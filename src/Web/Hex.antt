-- ===== src/Web/Hex.antt =====
-- The hexadecimal digits through which the decoders of src/utils/layout.ts read a number.
use marinade_tenderize_from.Prelude.{
  ℕ, ◌+◌, ◌*◌, ◌≡◌, ◌<◌, ◌≤◌, refl, sym, ◌∙◌, inl, inr, List, [], ◌∷◌, ◌++◌, arith, ltb, length,
  take, drop, All, All-append, All-left, All-right, take-drop, append_assoc, Bool-cases, tests,
  append-nil, ◌-◌,
}
use marinade_tenderize_from.Effect.{Result, ok}
use marinade_tenderize_from.Buffer.{Buffer, ◌>>=◌, slice, of_le}
use marinade_tenderize_from.Web.Layout.{Libraries, reversed}
use marinade_tenderize_from.Web.Decode.{
  Decoders, DecoderLaws, hex_digits, two_digits, joined, of_hex, value, uint64_decode,
}

abbrev pub IsByte : ℕ → Type 0
IsByte b = b < 256

abbrev IsDigit : ℕ → Type 0
IsDigit x = x < 16

two_digits_lem :
    (b acc : ℕ)
    → IsByte b
    → (of_hex acc (two_digits b) ≡ 256 * acc + b) × All IsDigit (two_digits b)
unfolding two_digits hex_digits of_hex
two_digits_lem b acc h = elim (Bool-cases (ltb b 16)) [
  | inl e ↦ rw e (omega arith, (omega arith, (omega (tests, e), tt)))
  | inr e ↦ rw e (omega arith, (omega arith, (omega arith, tt)))
]

of_hex-append : (xs ys : List ℕ) (acc : ℕ) → of_hex acc (xs ++ ys) ≡ of_hex (of_hex acc xs) ys
unfolding of_hex
of_hex-append [] ys acc = refl
of_hex-append (x ∷ xs) ys acc = of_hex-append xs ys _

joined-append : (bs cs : List ℕ) → joined (bs ++ cs) ≡ joined bs ++ joined cs
unfolding joined
joined-append [] cs = refl
joined-append (b ∷ bs) cs =
    rw (joined-append bs cs) (sym (append_assoc (two_digits b) (joined bs) (joined cs)))

joined-reversed :
    (bs : List ℕ)
    → All IsByte bs
    → (of_hex 0 (joined (reversed bs)) ≡ of_le bs) × All IsDigit (joined (reversed bs))
unfolding joined reversed of_hex of_le
joined-reversed [] h = (refl, tt)
joined-reversed (b ∷ bs) (h, hs) =
    let (same, digits) = joined-reversed bs hs in
    let (last, last_digits) = two_digits_lem b (of_le bs) h in
    rw
      (
        joined-append (reversed bs) (b ∷ []),
        append-nil (two_digits b),
        of_hex-append (joined (reversed bs)) (two_digits b) 0,
        same,
        last,
      )
      (omega arith, All-append IsDigit _ _ digits last_digits)

All-slice : (d : Buffer) (from to : ℕ) → All IsByte d → All IsByte (slice d from to)
All-slice d from to h = All-left IsByte _ (drop (to - from) (drop from d)) (
    rw (take-drop (to - from) (drop from d))
      (All-right IsByte (take from d) (drop from d) (rw (take-drop from d) h)))

-- What a field of bytes is decoded to.
module _ {l : Libraries} {K : Type 0} (r : Decoders l K) (laws : DecoderLaws r) where
  -- A number's field of `size` bytes has the number that its bytes stand for, lowest first.
  abbrev pub IsDecoded : ℕ → Buffer → ℕ → Result l.BigNumber → Type 0
  IsDecoded size d p decoded =
      (n : l.BigNumber) × (decoded ≡ ok n) × (value l n ≡ of_le (slice d p (p + size)))

  pub joined_lem :
      (size p : ℕ) (d : Buffer)
      → All IsByte (slice d p (p + size))
      → p + size ≤ length d
      → IsDecoded size d p
          (r.blob_decode size d p >>= λ bs. ok (r.big_number_of_hex (joined (reversed bs))))
  joined_lem size p d bytes inside =
      let (same, digits) = joined-reversed (slice d p (p + size)) bytes in
      rw (laws.blob_decode-slices size d p inside)
        (_, refl, laws.big_number_of_hex-value _ digits ∙ same)

  pub uint64_decode_lem :
      (d : Buffer) (p : ℕ)
      → All IsByte d
      → p + 8 ≤ length d
      → IsDecoded 8 d p (uint64_decode l r d p)
  unfolding uint64_decode
  uint64_decode_lem d p bytes inside = joined_lem 8 p d (All-slice d p (p + 8) bytes) inside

★ ★ ★ ★ ★ ★ ★

Task details: Nothing in the listing should change; repeat it in full.

Exercise result:
filename src/Web/Hex.antt
-- ===== src/Web/Hex.antt =====
-- The hexadecimal digits through which the decoders of src/utils/layout.ts read a number.
use marinade_tenderize_from.Prelude.{
  ℕ, ◌+◌, ◌*◌, ◌≡◌, ◌<◌, ◌≤◌, refl, sym, ◌∙◌, inl, inr, List, [], ◌∷◌, ◌++◌, arith, ltb, length,
  take, drop, All, All-append, All-left, All-right, take-drop, append_assoc, Bool-cases, tests,
  append-nil, ◌-◌,
}
use marinade_tenderize_from.Effect.{Result, ok}
use marinade_tenderize_from.Buffer.{Buffer, ◌>>=◌, slice, of_le}
use marinade_tenderize_from.Web.Layout.{Libraries, reversed}
use marinade_tenderize_from.Web.Decode.{
  Decoders, DecoderLaws, hex_digits, two_digits, joined, of_hex, value, uint64_decode,
}

abbrev pub IsByte : ℕ → Type 0
IsByte b = b < 256

abbrev IsDigit : ℕ → Type 0
IsDigit x = x < 16

two_digits_lem :
    (b acc : ℕ)
    → IsByte b
    → (of_hex acc (two_digits b) ≡ 256 * acc + b) × All IsDigit (two_digits b)
unfolding two_digits hex_digits of_hex
two_digits_lem b acc h = elim (Bool-cases (ltb b 16)) [
  | inl e ↦ rw e (omega arith, (omega arith, (omega (tests, e), tt)))
  | inr e ↦ rw e (omega arith, (omega arith, (omega arith, tt)))
]

of_hex-append : (xs ys : List ℕ) (acc : ℕ) → of_hex acc (xs ++ ys) ≡ of_hex (of_hex acc xs) ys
unfolding of_hex
of_hex-append [] ys acc = refl
of_hex-append (x ∷ xs) ys acc = of_hex-append xs ys _

joined-append : (bs cs : List ℕ) → joined (bs ++ cs) ≡ joined bs ++ joined cs
unfolding joined
joined-append [] cs = refl
joined-append (b ∷ bs) cs =
    rw (joined-append bs cs) (sym (append_assoc (two_digits b) (joined bs) (joined cs)))

joined-reversed :
    (bs : List ℕ)
    → All IsByte bs
    → (of_hex 0 (joined (reversed bs)) ≡ of_le bs) × All IsDigit (joined (reversed bs))
unfolding joined reversed of_hex of_le
joined-reversed [] h = (refl, tt)
joined-reversed (b ∷ bs) (h, hs) =
    let (same, digits) = joined-reversed bs hs in
    let (last, last_digits) = two_digits_lem b (of_le bs) h in
    rw
      (
        joined-append (reversed bs) (b ∷ []),
        append-nil (two_digits b),
        of_hex-append (joined (reversed bs)) (two_digits b) 0,
        same,
        last,
      )
      (omega arith, All-append IsDigit _ _ digits last_digits)

All-slice : (d : Buffer) (from to : ℕ) → All IsByte d → All IsByte (slice d from to)
All-slice d from to h = All-left IsByte _ (drop (to - from) (drop from d)) (
    rw (take-drop (to - from) (drop from d))
      (All-right IsByte (take from d) (drop from d) (rw (take-drop from d) h)))

-- What a field of bytes is decoded to.
module _ {l : Libraries} {K : Type 0} (r : Decoders l K) (laws : DecoderLaws r) where
  -- A number's field of `size` bytes has the number that its bytes stand for, lowest first.
  abbrev pub IsDecoded : ℕ → Buffer → ℕ → Result l.BigNumber → Type 0
  IsDecoded size d p decoded =
      (n : l.BigNumber) × (decoded ≡ ok n) × (value l n ≡ of_le (slice d p (p + size)))

  pub joined_lem :
      (size p : ℕ) (d : Buffer)
      → All IsByte (slice d p (p + size))
      → p + size ≤ length d
      → IsDecoded size d p
          (r.blob_decode size d p >>= λ bs. ok (r.big_number_of_hex (joined (reversed bs))))
  joined_lem size p d bytes inside =
      let (same, digits) = joined-reversed (slice d p (p + size)) bytes in
      rw (laws.blob_decode-slices size d p inside)
        (_, refl, laws.big_number_of_hex-value _ digits ∙ same)

  pub uint64_decode_lem :
      (d : Buffer) (p : ℕ)
      → All IsByte d
      → p + 8 ≤ length d
      → IsDecoded 8 d p (uint64_decode l r d p)
  unfolding uint64_decode
  uint64_decode_lem d p bytes inside = joined_lem 8 p d (All-slice d p (p + 8) bytes) inside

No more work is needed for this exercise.